Allegations of fraud, sleaze a turnoff to voters

Robocall - élection fédérale du 2 mai 2011 volée



Prime Minister Stephen Harper parried allegations from the opposition during Question Period on Tuesday.


Tim Harper - OTTAWA—Pierre Poutine from Separatist Street?
Why not toss a disposable cellphone registered to this fictional character into the toxic mess playing into the nation’s capital?
It played perfectly into the tenor of debate over the past couple of days, climaxed by a Tuesday Question Period dust-up over alleged election fraud in which Prime Minister Stephen Harper merely parried allegations of sleaze from the opposition benches by tossing their sleaze back at them.
It’s quite an appealing picture — previously anonymous Twitter details of a cabinet minister’s divorce, robo-calls by the NDP aimed at an MP who defected to the Liberals and sanctimonious stonewalling on the government side.
There may have been orchestrated vote suppression last spring, but there’s a lot of vote suppression going on here every day.
This country already has a problem with voter engagement, fuelled by an overriding view among many Canadians that their votes don’t count, that all politicians are the same, that they all play dirty.
They see broken promises, juvenile name-calling in the House of Commons and hyper partisanship trumping reasoned debate and hit the remote.
Three things have to happen, and happen quickly, before we all must gird ourselves for an even more disengaged electorate and a voter turnout in 2015 that could convulse the nation.
First, Canadians have to get angry.
When the Conservatives twice shut down this place there were sporadic protests and rallies packed with opposition operatives, but most Canadians couldn’t spell prorogue, let alone care about the ramifications.
When they were found to have violated Elections Canada spending rules in the so-called “in-and-out” case, Canadians not only yawned, they couldn’t understand the accounting skullduggery.
When they were found in contempt of Parliament, Conservative strategists boldly stated that a breach of an arcane rule would make no difference to voters, and they were right.
When they booted unfriendlies from their campaign rallies, limited journalists to a set number of questions and used supporters to boo the questions they didn’t like, the nation shrugged.

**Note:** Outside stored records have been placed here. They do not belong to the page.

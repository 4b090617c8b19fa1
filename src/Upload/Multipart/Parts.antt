-- ===== src/Upload/Multipart/Parts.antt =====
-- api-put-object-multipart.go: the parts that are saved, collected and sorted.
use mefs_sdk_go.Prelude.{
  ℕ, suc, ◌+◌, ◌<◌, true, false, List, [], ◌∷◌, ◌++◌, ◌==◌, ==_refl, leb, length, some, inl, inr,
  ◌≡◌, refl, ap, ◌∙◌, arith, Bool-cases,
}
use mefs_sdk_go.Prelude.Text.{Text}
use mefs_sdk_go.Upload.Multipart.Session.{CompletePart, put_part, Log, trim_quotes}
use mefs_sdk_go.Upload.Multipart.Upload.{
  save_part, find_part, collect_parts, insert_part, sort_parts,
}

find_part-save_part :
    (m : List (ℕ × CompletePart)) (n : ℕ) (q : CompletePart)
    → find_part (save_part m n q) n ≡ some q
unfolding find_part save_part
find_part-save_part [] n q = rw (==_refl n) refl
find_part-save_part ((j, r) ∷ m) n q = elim (Bool-cases (j == n)) [
  | inl e ↦ rw (e, e) refl
  | inr f ↦ rw (f, f) (find_part-save_part m n q)
]

find_part_other :
    (m : List (ℕ × CompletePart)) (n i : ℕ) (q : CompletePart)
    → i < n
    → find_part (save_part m n q) i ≡ find_part m i
unfolding find_part save_part
find_part_other [] n i q h = let apart : (n == i) ≡ false = ground arith in rw apart refl
find_part_other ((j, r) ∷ m) n i q h = elim (Bool-cases (j == n)) [
  | inl e ↦ let apart : (j == i) ≡ false = ground arith in rw (e, apart) refl
  | inr f ↦ elim (Bool-cases (j == i)) [
    | inl here ↦ rw (f, here) refl
    | inr there ↦ rw (f, there) (find_part_other m n i q h)
  ]
]

-- The parts saved one after the other, from a number on.
abbrev pub save_all : List (ℕ × CompletePart) → ℕ → List CompletePart → List (ℕ × CompletePart)
save_all m n [] = m
save_all m n (q ∷ qs) = save_all (save_part m n q) (n + 1) qs

find_part-save_all :
    (m : List (ℕ × CompletePart)) (n i : ℕ) (qs : List CompletePart)
    → i < n
    → find_part (save_all m n qs) i ≡ find_part m i
find_part-save_all m n i [] h = refl
find_part-save_all m n i (q ∷ qs) h =
    find_part-save_all (save_part m n q) (n + 1) i qs (omega arith) ∙ find_part_other m n i q h

-- The loop that collects the parts finds those that were saved, in their order.
pub collect_parts-save_all :
    (m : List (ℕ × CompletePart)) (n : ℕ) (qs : List CompletePart)
    → collect_parts (save_all m n qs) n (length qs) ≡ inr qs
unfolding collect_parts
collect_parts-save_all m n [] = refl
collect_parts-save_all m n (q ∷ qs) =
    let found : find_part (save_all (save_part m n q) (n + 1) qs) n ≡ some q =
      find_part-save_all (save_part m n q) (n + 1) n qs (omega arith) ∙ find_part-save_part m n q in
    rw (found, collect_parts-save_all (save_part m n q) (n + 1) qs, collect_parts) refl

-- What the parts of a completion are, when the server answers with the tags.
abbrev pub completed_parts : (Log → Text) → Text → ℕ → Log → List Text → List CompletePart
completed_parts tag upload_id n log [] = []
completed_parts tag upload_id n log (b ∷ bs) =
    let log' = log ++ put_part upload_id n b ∷ [] in
    record { part_number = n; etag = trim_quotes (tag log') }
    ∷ completed_parts tag upload_id (n + 1) log' bs

pub length-completed_parts :
    (tag : Log → Text) (upload_id : Text) (n : ℕ) (log : Log) (bs : List Text)
    → length (completed_parts tag upload_id n log bs) ≡ length bs
length-completed_parts tag upload_id n log [] = refl
length-completed_parts tag upload_id n log (b ∷ bs) =
    ap suc (length-completed_parts tag upload_id (n + 1) _ bs)

-- They are sorted already.
pub sort_parts-completed_parts :
    (tag : Log → Text) (upload_id : Text) (n : ℕ) (log : Log) (bs : List Text)
    → sort_parts (completed_parts tag upload_id n log bs) ≡ completed_parts tag upload_id n log bs
unfolding sort_parts insert_part
sort_parts-completed_parts tag upload_id n log [] = refl
sort_parts-completed_parts tag upload_id n log (b ∷ []) = refl
sort_parts-completed_parts tag upload_id n log (b ∷ c ∷ bs) =
    let rest =
      sort_parts-completed_parts tag upload_id (n + 1) (log ++ put_part upload_id n b ∷ [])
        (c ∷ bs) in
    let less : leb n (n + 1) ≡ true = ground arith in rw (rest, less) refl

But, if there was a concerted effort to disenfranchise voters, this country can no longer shrug, or it deserves what it gets.

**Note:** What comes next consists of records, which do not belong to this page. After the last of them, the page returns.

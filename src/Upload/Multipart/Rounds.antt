-- ===== src/Upload/Multipart/Rounds.antt =====
-- api-put-object-multipart.go, api-put-object.go: the rounds of the loop when the server takes the parts.
use mathlib.Core.List.{append_assoc}
use mefs_sdk_go.Prelude.{
  ℕ, zero, suc, ◌+◌, ◌*◌, ◌≤◌, ◌<◌, false, List, [], ◌∷◌, ◌++◌, ◌==◌, ltb, leb, length, take, drop,
  take_all, drop_all, length-drop, length-take-drop, Option, none, ◌⊎◌, inl, inr, ◌≡◌, ◌≢◌, refl,
  sym, ap, ◌∙◌, arith, Bool-cases,
}
use mefs_sdk_go.Prelude.Text.{Text}
use mefs_sdk_go.Upload.Constants.{max_part_size}
use mefs_sdk_go.Upload.Multipart.Session.{
  UploadError, put_part, CompletePart, Log, Server, Stream, ReadEnd, no_error, unexpected_eof, eof,
  read_full, check_names, upload_part, object_part, trim_quotes,
}
use mefs_sdk_go.Upload.Multipart.Upload.{
  Action, stop, send, Progress, advanced, after_part, round, save_part, upload_loop,
}
use mefs_sdk_go.Upload.Multipart.Sent.{put_requests}
use mefs_sdk_go.Upload.Multipart.Parts.{save_all, completed_parts}

-- The bodies are a content cut into pieces: each piece is not empty and is what the content starts
-- with, as long as the part size when there is enough of it.
abbrev pub IsCut : ℕ → List Text → Text → Type 0
IsCut part [] s = s ≡ []
IsCut part (b ∷ bs) s = (0 < length s) × (b ≡ take part s) × IsCut part bs (drop part s)

abbrev pub ended : Text → Stream
ended s = record { content = s; failure = none }

pub append_nil : {A : Type 0} (l : List A) → l ++ [] ≡ l
append_nil [] = refl
append_nil (x ∷ l) = ap (λ r. x ∷ r) (append_nil l)

drop_fewer : (part n : ℕ) (s : Text) → length s ≤ suc n * part → length (drop part s) ≤ n * part
drop_fewer part n s h = elim (Bool-cases (leb part (length s))) [
  | inl e ↦
      let whole : part + length (drop part s) ≡ length s = length-drop part s (ground arith) in
      omega arith
  | inr f ↦ rw (drop_all part s (ground arith)) (omega arith)
]

pub length_zero : {A : Type 0} (l : List A) → length l ≡ 0 → l ≡ []
length_zero [] h = refl
length_zero (x ∷ l) h = absurd (omega arith)

-- What is read from a reader that ends with io.EOF.
read_some :
    (part : ℕ) (s : Text)
    → 0 < length s
    → (read_full part (ended s) ≡ (take part s, no_error, ended (drop part s)))
      ⊎ (read_full part (ended s) ≡ (take part s, unexpected_eof, ended (drop part s)))
unfolding read_full
read_some part s h = elim (Bool-cases (leb part (length s))) [
  | inl e ↦ inl (rw e refl)
  | inr f ↦
      let more : (length s == 0) ≡ false = ground arith in
      inr (rw (f, more, take_all part s (ground arith), drop_all part s (ground arith)) refl)
]

pub read_nothing : (part : ℕ) → 0 < part → read_full part (ended []) ≡ ([], eof, ended [])
unfolding read_full
read_nothing part h = let short : leb part 0 ≡ false = ground arith in rw short refl

length-take-le : (n : ℕ) (s : Text) → length (take n s) ≤ n
length-take-le zero s = omega arith
length-take-le (suc n) [] = omega arith
length-take-le (suc n) (a ∷ s) = omega (arith, length-take-le n s)

-- The loop's variables, before a round.
abbrev pub at : Text → Log → ℕ → List (ℕ × CompletePart) → ℕ → Progress
at s log k m t = record {
  reader = ended s;
  log = log;
  part_number = k;
  parts_info = m;
  total_uploaded_size = t;
}

module _ (tag : Log → Text) (upload_id : Text) where
  -- The loop's variables after a part.
  abbrev pub part_of : Text → Log → ℕ → CompletePart
  part_of b log k = record {
    part_number = k;
    etag = trim_quotes (tag (log ++ put_part upload_id k b ∷ []));
  }

  abbrev pub after : Text → Text → Log → ℕ → List (ℕ × CompletePart) → ℕ → Progress
  after b rest log k m t =
      at rest (log ++ put_part upload_id k b ∷ []) (k + 1) (save_part m k (part_of b log k))
        (t + length b)

  -- The loop's variables when the bodies have been sent.
  abbrev pub finished : List Text → Text → Log → ℕ → List (ℕ × CompletePart) → ℕ → Progress
  finished bs s log k m t =
      at [] (log ++ put_requests upload_id k bs) (k + length bs)
        (save_all m k (completed_parts tag upload_id k log bs)) (t + length s)

  abbrev pub done : Log → ℕ → List (ℕ × CompletePart) → ℕ → Progress × Option (ℕ × UploadError)
  done log k m t = (at [] log k m t, none)

  done-ext :
      {log log' : Log} {k k' : ℕ} {t t' : ℕ} (m : List (ℕ × CompletePart))
      → log ≡ log'
      → k ≡ k'
      → t ≡ t'
      → done log k m t ≡ done log' k' m t'
  done-ext {log} {log'} {k} {k'} {t} {t'} m e f g =
      ap (λ x. done x k m t) e ∙ ap (λ x. done log' x m t) f ∙ ap (λ x. done log' k' m x) g

module _ (server : Server) (bucket_name object_name upload_id : Text) (tag : Log → Text) (part : ℕ)
    (good : check_names bucket_name object_name ≡ none) (named : length upload_id ≢ 0)
    (accepts : (log : Log) → server.answer_part log ≡ inr (tag log)) (some_size : 0 < part)
    (fits : part ≤ max_part_size) where
  pub part_sent :
      (body : Text) (n : ℕ) (log : Log)
      → length body ≤ part
      → 0 < n
      → upload_part server bucket_name object_name upload_id body n log ≡ (
        log ++ put_part upload_id n body ∷ [],
        inr (record {
          part_number = n;
          etag = trim_quotes (tag (log ++ put_part upload_id n body ∷ []));
        }),
      )
  unfolding upload_part object_part
  part_sent body n log small pos =
      let large : ltb max_part_size (length body) ≡ false = ground arith in
      let first : (n == 0) ≡ false = ground arith in
      let there : (length upload_id == 0) ≡ false = ground arith in
      rw (good, large, first, there, accepts, upload_part) refl

  module _ (action : ℕ → ReadEnd → Action)
      (sends : (k : ℕ) → (action k no_error ≡ send) × (action k unexpected_eof ≡ send)) where
    round_sent :
        (next : Progress → Progress × Option (ℕ × UploadError)) (b rest : Text) (end : ReadEnd)
        (s : Text) (log : Log) (k : ℕ) (m : List (ℕ × CompletePart)) (t : ℕ)
        → action k end ≡ send
        → length b ≤ part
        → 0 < k
        → round server bucket_name object_name action upload_id
            (at s log k m t)
            next
            (b, end, ended rest)
          ≡ next (after tag upload_id b rest log k m t)
    unfolding round after_part advanced
    round_sent next b rest end s log k m t e small pos =
        rw (e, part_sent b k log small pos, round) refl

    -- A round in which there is something to read sends it.
    send_round :
        (n : ℕ) (s : Text) (log : Log) (k : ℕ) (m : List (ℕ × CompletePart)) (t : ℕ)
        → 0 < length s
        → 0 < k
        → upload_loop server bucket_name object_name action upload_id part (suc n) (at s log k m t)
          ≡ upload_loop server bucket_name object_name action upload_id part n
              (after tag upload_id (take part s) (drop part s) log k m t)
    unfolding upload_loop
    send_round n s log k m t some_left pos =
        let small : length (take part s) ≤ part = length-take-le part s in
        let next = upload_loop server bucket_name object_name action upload_id part n in
        let turn = round server bucket_name object_name action upload_id (at s log k m t) next in
        elim (read_some part s some_left) [
          | inl e ↦
              ap turn e
              ∙ round_sent next (take part s) (drop part s) no_error s log k m t (sends k).0 small
                  pos
          | inr e ↦
              ap turn e
              ∙ round_sent next (take part s) (drop part s) unexpected_eof s log k m t (sends k).1
                  small pos
        ]

    round_stopped :
        (next : Progress → Progress × Option (ℕ × UploadError)) (log : Log) (k : ℕ)
        (m : List (ℕ × CompletePart)) (t : ℕ)
        → action k eof ≡ stop
        → round server bucket_name object_name action upload_id
            (at [] log k m t)
            next
            ([], eof, ended [])
          ≡ (at [] log k m t, none)
    unfolding round
    round_stopped next log k m t e = rw (e, round) refl

    -- A round in which there is nothing left ends the loop.
    stop_round :
        (n : ℕ) (log : Log) (k : ℕ) (m : List (ℕ × CompletePart)) (t : ℕ)
        → action k eof ≡ stop
        → upload_loop server bucket_name object_name action upload_id part n (at [] log k m t)
          ≡ (at [] log k m t, none)
    unfolding upload_loop
    stop_round zero log k m t e = refl
    stop_round (suc n) log k m t e =
        let next = upload_loop server bucket_name object_name action upload_id part n in
        ap (round server bucket_name object_name action upload_id (at [] log k m t) next)
          (read_nothing part some_size)
        ∙ round_stopped next log k m t e

    -- The loop sends the content in pieces.
    pub loop_whole :
        (n : ℕ) (s : Text) (log : Log) (k : ℕ) (m : List (ℕ × CompletePart)) (t : ℕ)
        → 0 < k
        → ((j : ℕ) → (k < j) ⊎ ((j ≡ k) × (s ≡ [])) → action j eof ≡ stop)
        → length s ≤ n * part
        → (bs : List Text) × IsCut part bs s
          × (upload_loop server bucket_name object_name action upload_id part n (at s log k m t)
              ≡ (finished tag upload_id bs s log k m t, none))
    loop_whole n [] log k m t pos stops h = (
      [],
      refl,
      stop_round n log k m t (stops k (inr (refl, refl)))
          ∙ done-ext tag upload_id m (sym (append_nil log)) (omega arith) (omega arith),
    )
    loop_whole zero (a ∷ s) log k m t pos stops h = absurd (omega arith)
    loop_whole (suc n) (a ∷ s) log k m t pos stops h =
        let b = take part (a ∷ s) in
        let rest = drop part (a ∷ s) in
        let later : (j : ℕ) → (k + 1 < j) ⊎ ((j ≡ k + 1) × (rest ≡ [])) → action j eof ≡ stop =
          λ j c. stops j (inl (elim c [ inl past ↦ omega arith | inr (here, _) ↦ omega arith ])) in
        let fewer : length rest ≤ n * part = drop_fewer part n (a ∷ s) h in
        let (bs, cut, e) =
          loop_whole n rest (log ++ put_part upload_id k b ∷ []) (k + 1)
            (save_part m k (part_of tag upload_id b log k)) (t + length b) (omega arith) later
            fewer in
        (
          b ∷ bs,
          (omega arith, refl, cut),
          send_round n (a ∷ s) log k m t (omega arith) pos
              ∙ e
              ∙ done-ext tag upload_id _ (append_assoc log (put_part upload_id k b ∷ []) _)
                  (omega arith) (omega (arith, length-take-drop part (a ∷ s))),
        )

For a little inspiration, look to the women of the Responsive Marketing Group call centre in Thunder Bay whose stories were told by the Star’s Tonda MacCharles.

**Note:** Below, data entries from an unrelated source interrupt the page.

-- ===== src/Vision/Pipeline/Total.antt =====
-- How a frame of a proper size ends (src/vision/vision_pipeline.py).
use aot_drone.Common.Raises.{OnlyRaises-ok, OnlyRaises, OnlyRaises-if, OnlyRaises-bind}
use aot_drone.Common.{
  ◌+◌, inl, ◌⊎◌, Error, Result-cases, subst, inr, raise, if◌then◌else◌, ◌≡◌, refl, Bool, true,
  false, ◌||◌, not, guard, if◌then◌else◌, value_error, ◌>>=◌, ◌>>◌, Returns, Returns-bind,
  Returns-guard, Returns-if, Option, none, some, List, [], ◌∷◌, Result, ok, arith,
}
use aot_drone.Common.Int.{ℤ, pos, leb_ℤ, ◌*ℤ◌}
use aot_drone.Runtime.{Runtime, or_overflow}
use aot_drone.Vision.Types.{
  VisState, no_target, target_detected, tracking, searching, PixelBbox, Detection,
  normalize_bbox_xywh, clamp01,
}
use aot_drone.Vision.BoxSelect.{to_norm_center, score_box, min_by_score, pick_best_box}
use aot_drone.Vision.Pipeline.Config.{Config}
use aot_drone.Vision.Pipeline.Defs.{
  TrackerLike, TrackerResult, Pipeline, tracking_result, update_no_target, update_searching, miss,
  should_detect,
}
use aot_drone.Vision.Pipeline.Frame.{
  correct_from, should_reinit, lock_on, reinit, hold, coast, lose, correct, decayed_conf,
  after_update, current_of, update_target_detected, update_tracking, detect_best, dispatch,
  process_frame,
}

module _ (R : Runtime) where
  open R use {Float, of_int}

  -- a frame with positive sides, whose sides and area are floats
  pub record IsSize (img_w img_h : ℤ) : Type 0 where
    pub w_pos : leb_ℤ img_w (pos 0) ≡ false
    pub h_pos : leb_ℤ img_h (pos 0) ≡ false
    pub width : Float
    pub height : Float
    pub area : Float
    pub of_w : of_int img_w ≡ some width
    pub of_h : of_int img_h ≡ some height
    pub of_area : of_int (img_w *ℤ img_h) ≡ some area

  module _ (img_w img_h : ℤ) (size : IsSize img_w img_h) where
    abbrev sized : Bool
    sized = not (leb_ℤ img_w (pos 0) || leb_ℤ img_h (pos 0))

    sized_lem : sized ≡ true
    sized_lem = ground (arith, size)

    or_overflow_total : (n : ℤ) (x : Float) → of_int n ≡ some x → Returns (or_overflow (of_int n))
    or_overflow_total n x h = rw h (x, refl)

    -- the checks and conversions that each use of the sides begins with
    with_sides_total :
        {A : Type 0} (rest : Float → Float → Result A)
        → ((w h : Float) → Returns (rest w h))
        → Returns (do
          guard sized value_error
          w ← or_overflow (of_int img_w)
          h ← or_overflow (of_int img_h)
          rest w h)
    with_sides_total rest returns =
        Returns-bind (guard sized value_error) _ (Returns-guard sized value_error sized_lem) (λ _.
          Returns-bind (or_overflow (of_int img_w)) _ (or_overflow_total img_w size.width size.of_w)
            (λ w.
              Returns-bind (or_overflow (of_int img_h)) _
                (or_overflow_total img_h size.height size.of_h) (λ h. returns w h)))

    normalize_bbox_xywh_total :
        (b : PixelBbox Float) → Returns (normalize_bbox_xywh R b img_w img_h)
    unfolding normalize_bbox_xywh
    normalize_bbox_xywh_total b = with_sides_total _ (λ w h. (_, refl))

    tracking_result_total :
        (b : PixelBbox Float) (conf : Float) → Returns (tracking_result R b img_w img_h conf)
    unfolding tracking_result
    tracking_result_total b conf =
        Returns-bind (normalize_bbox_xywh R b img_w img_h) _ (normalize_bbox_xywh_total b)
          (λ n. (_, refl))

    to_norm_center_total : (b : PixelBbox Float) → Returns (to_norm_center R b img_w img_h)
    unfolding to_norm_center
    to_norm_center_total b = with_sides_total _ (λ w h. (_, refl))

    module _ (desired_cx desired_cy : Float) where
      score_box_total :
          (b : PixelBbox Float) → Returns (score_box R img_w img_h desired_cx desired_cy b)
      unfolding score_box
      score_box_total b =
          Returns-bind (to_norm_center R b img_w img_h) _ (to_norm_center_total b) (λ center.
            Returns-bind (or_overflow (of_int (img_w *ℤ img_h))) _
              (or_overflow_total (img_w *ℤ img_h) size.area size.of_area) (λ area. (_, refl)))

      min_by_score_total :
          (best : Detection Float) (key : Float) (items : List (Detection Float))
          → Returns (min_by_score R img_w img_h desired_cx desired_cy best key items)
      unfolding min_by_score
      min_by_score_total best key [] = (best, refl)
      min_by_score_total best key (item ∷ items) =
          Returns-bind (score_box R img_w img_h desired_cx desired_cy item.bbox) _
            (score_box_total item.bbox)
            (λ k.
              min_by_score_total (if R.lt k key then item else best) (if R.lt k key then k else key)
                items)

      pick_best_box_total :
          (items : List (Detection Float))
          → Returns (pick_best_box R img_w img_h desired_cx desired_cy items)
      unfolding pick_best_box
      pick_best_box_total [] = (none, refl)
      pick_best_box_total (item ∷ items) =
          Returns-bind (score_box R img_w img_h desired_cx desired_cy item.bbox) _
            (score_box_total item.bbox)
            (λ k.
              Returns-bind (min_by_score R img_w img_h desired_cx desired_cy item k items) _
                (min_by_score_total item k items) (λ d. (some d, refl)))

    module _ (tl : TrackerLike Float) (cfg : Config Float) where
      open tl use {Frame, Tracker}

      -- a locked result with the state beside it
      with_state_total :
          (b : PixelBbox Float) (conf : Float) (s : Pipeline Float Tracker)
          → Returns {A = TrackerResult Float × Pipeline Float Tracker}
              (do r ← tracking_result R b img_w img_h conf; ok (r, s))
      with_state_total b conf s =
          Returns-bind (tracking_result R b img_w img_h conf) _ (tracking_result_total b conf)
            (λ r. ((r, s), refl))

      -- the errors of the tracker on a frame
      pub data TrackerRaises (t : Tracker) (frame : Frame) (e : Error) : Type 0 where
        on_initialize :
            (b : PixelBbox Float) → tl.initialize t frame b ≡ raise e → TrackerRaises t frame e
        on_update : tl.update t frame ≡ raise e → TrackerRaises t frame e

      abbrev Only : {A : Type 0} → Tracker → Frame → Result A → Type 0
      Only t frame m = OnlyRaises (TrackerRaises t frame) m

      of_total :
          {A : Type 0} (t : Tracker) (frame : Frame) (m : Result A) → Returns m → Only t frame m
      of_total t frame m (a, e) = record { at = λ err p. cc }

      initialize-Only :
          (t : Tracker) (frame : Frame) (b : PixelBbox Float)
          → Only t frame (tl.initialize t frame b)
      initialize-Only t frame b = record { at = λ e p. on_initialize b p }

      update-Only : (t : Tracker) (frame : Frame) → Only t frame (tl.update t frame)
      update-Only t frame = record { at = λ e p. on_update p }

      lock_on-Only :
          (t : Tracker) (s : Pipeline Float Tracker) (frame : Frame) (d : Detection Float)
          (started : Bool × Tracker)
          → Only t frame (lock_on R tl cfg s img_w img_h d started)
      lock_on-Only t s frame d (active, t') =
          of_total t frame _ (with_state_total d.bbox (clamp01 R d.confidence) _)

      correct_from-Only :
          (t : Tracker) (s : Pipeline Float Tracker) (frame : Frame) (d : Detection Float)
          (started : Bool × Tracker)
          → Only t frame (correct_from R tl cfg s img_w img_h d started)
      correct_from-Only t s frame d (active, t') =
          of_total t frame _ (with_state_total d.bbox (clamp01 R d.confidence) _)

      update_target_detected-Only :
          (s : Pipeline Float Tracker) (frame : Frame) (o : Option (Detection Float))
          → Only s.tracker frame (update_target_detected R tl cfg s frame img_w img_h o)
      unfolding update_target_detected miss hold
      update_target_detected-Only s frame none =
          OnlyRaises-if _ _ _ (OnlyRaises-ok _) (OnlyRaises-ok _)
      update_target_detected-Only s frame (some d) =
          let held = record s {
            target_detected_miss_streak = 0;
            detected_box = some d;
            detected_hold_counter = s.detected_hold_counter + 1;
          } in
          OnlyRaises-if _ _ _
            (OnlyRaises-bind (tl.initialize s.tracker frame d.bbox) _
              (initialize-Only s.tracker frame d.bbox) (lock_on-Only s.tracker held frame d))
            (OnlyRaises-ok _)

      after_update-Only :
          (t : Tracker) (frame : Frame) (s : Pipeline Float Tracker)
          (said : Bool × Option (PixelBbox Float) × Tracker)
          → Only t frame (after_update R tl cfg s img_w img_h said)
      unfolding coast lose
      after_update-Only t frame s (true, none, t') = OnlyRaises-ok _
      after_update-Only t frame s (true, some b, t') =
          of_total t frame _ (with_state_total b (decayed_conf R tl cfg s.last_tracking_conf) _)
      after_update-Only t frame s (false, bbox, t') = OnlyRaises-ok _

      reinit-Only :
          (s : Pipeline Float Tracker) (frame : Frame) (b : PixelBbox Float)
          → Only s.tracker frame (reinit R tl cfg s frame b)
      reinit-Only s frame b =
          OnlyRaises-if (should_reinit R tl cfg s b) _ _ (initialize-Only s.tracker frame b)
            (OnlyRaises-ok _)

      update_tracking-Only :
          (s : Pipeline Float Tracker) (frame : Frame) (o : Option (Detection Float))
          → Only s.tracker frame (update_tracking R tl cfg s frame img_w img_h o)
      unfolding update_tracking lose correct
      update_tracking-Only s frame none =
          OnlyRaises-if s.tracker_active _ _
            (OnlyRaises-bind (tl.update s.tracker frame) _ (update-Only s.tracker frame)
              (after_update-Only s.tracker frame s))
            (OnlyRaises-ok _)
      update_tracking-Only s frame (some d) =
          OnlyRaises-bind (reinit R tl cfg s frame d.bbox) _ (reinit-Only s frame d.bbox)
            (correct_from-Only s.tracker s frame d)

      dispatch-Only :
          (v : VisState) (s : Pipeline Float Tracker) (frame : Frame) (frame_id : ℤ)
          (o : Option (Detection Float))
          → Only s.tracker frame (dispatch R tl cfg v s frame frame_id img_w img_h o)
      unfolding dispatch update_no_target update_searching
      dispatch-Only no_target s frame frame_id none = OnlyRaises-ok _
      dispatch-Only no_target s frame frame_id (some d) = OnlyRaises-ok _
      dispatch-Only target_detected s frame frame_id o =
          update_target_detected-Only s frame (current_of R tl cfg s frame_id o)
      dispatch-Only tracking s frame frame_id o = update_tracking-Only s frame o
      dispatch-Only searching s frame frame_id none =
          OnlyRaises-if _ _ _ (OnlyRaises-ok _) (OnlyRaises-ok _)
      dispatch-Only searching s frame frame_id (some d) = OnlyRaises-ok _

      detect_best_total :
          (s : Pipeline Float Tracker) (frame_id : ℤ) (detections : List (Detection Float))
          → Returns (detect_best R tl cfg s frame_id img_w img_h detections)
      unfolding detect_best
      detect_best_total s frame_id detections =
          Returns-if (not (should_detect R tl cfg frame_id)) _ _ (_, refl)
            (Returns-bind (pick_best_box R img_w img_h cfg.desired_cx cfg.desired_cy detections) _
              (pick_best_box_total cfg.desired_cx cfg.desired_cy detections) (λ best. (_, refl)))

      same_tracker :
          (s : Pipeline Float Tracker) (frame_id : ℤ) (detections : List (Detection Float))
          {d : Option (Detection Float)} {s' : Pipeline Float Tracker}
          → detect_best R tl cfg s frame_id img_w img_h detections ≡ ok (d, s')
          → s'.tracker ≡ s.tracker
      unfolding detect_best
      same_tracker s frame_id detections p = ground arith

      -- a frame with a result and a state, or with an error that the tracker raised on it
      abbrev pub Ends :
          Tracker → Frame → Result (TrackerResult Float × Pipeline Float Tracker) → Type 0
      Ends t frame m =
          ((out : TrackerResult Float × Pipeline Float Tracker) × (m ≡ ok out))
          ⊎ ((e : Error) × (m ≡ raise e) × TrackerRaises t frame e)

      -- For a frame with positive sides, whose sides and area are in the range of floats,
      -- `process_frame` returns a result and a state, whatever the state and the detections are,
      -- or raises an error that `initialize` or `update` of its tracker raised on that frame.
      pub process_frame_total :
          (s : Pipeline Float Tracker) (frame : Frame) (frame_id : ℤ)
          (detections : List (Detection Float))
          → Ends s.tracker frame (process_frame R tl cfg s frame frame_id img_w img_h detections)
      unfolding process_frame
      process_frame_total s frame frame_id detections =
          let (seen, found) = detect_best_total s frame_id detections in
          let only =
            subst
              (λ t.
                Only t frame (dispatch R tl cfg s.state seen.1 frame frame_id img_w img_h seen.0))
              (same_tracker s frame_id detections found)
              (dispatch-Only s.state seen.1 frame frame_id seen.0) in
          rw found
            (elim (Result-cases
              (dispatch R tl cfg s.state seen.1 frame frame_id img_w img_h seen.0)) [
                | inl (out, e) ↦ inl (out, e)
                | inr (err, e) ↦ inr (err, e, only.at err e)
              ])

They have no dog in this fight, no political agenda, but they had a conscience and they felt they were doing something wrong, sending voters to the wrong polling stations on election day.
They went to the RCMP and Elections Canada and were largely met with indifference.
That shows why the second thing that must happen is the establishment of an independent, transparent inquiry to disentangle the various tentacles of this story.
If there is culpability, there must be accountability.
The Conservatives claim they were only targeting their own voters with their robo-calls and scripted calls.
They point out that 127 polling locations were changed by Elections Canada in the days before the May 2 vote.
“We have done absolutely nothing wrong,” said Dean Del Mastro, Stephen Harper’s parliamentary secretary, a blanket denial that screams out to be tested.
There are too many questions to limit this to a riding in Guelph or a call centre in Thunder Bay or a robo-call centre in Edmonton.
To dismiss these allegations as “shenanigans,” as one Conservative did in a conversation with The Globe and Mail, is to insult the Canadian voter.
Tuesday, Harper predictably turned the tables on Bob Rae, taunting him on the Vikileaks firing each time the interim Liberal leader raised the election fraud allegations.
The fact that he had the Vikileaks ammunition should serve as a wakeup call for anyone armed with social media, a robo-caller or a sympathetic journalistic ear and a score to settle.
That’s the third imperative — this type politics of personal destruction has to end.
If the high road is too high to be scaled, maybe it is best to appeal to the more base partisan instincts at play.
The old adage holds true — you play in the mud, you (and your party) gets dirty.
If Canadians don’t get angry, demand an independent probe and an end to the sleaze in this town, we’ll all be looking back at the 61.1 per cent voter turnout of 2011 as the golden age of Canadian democracy.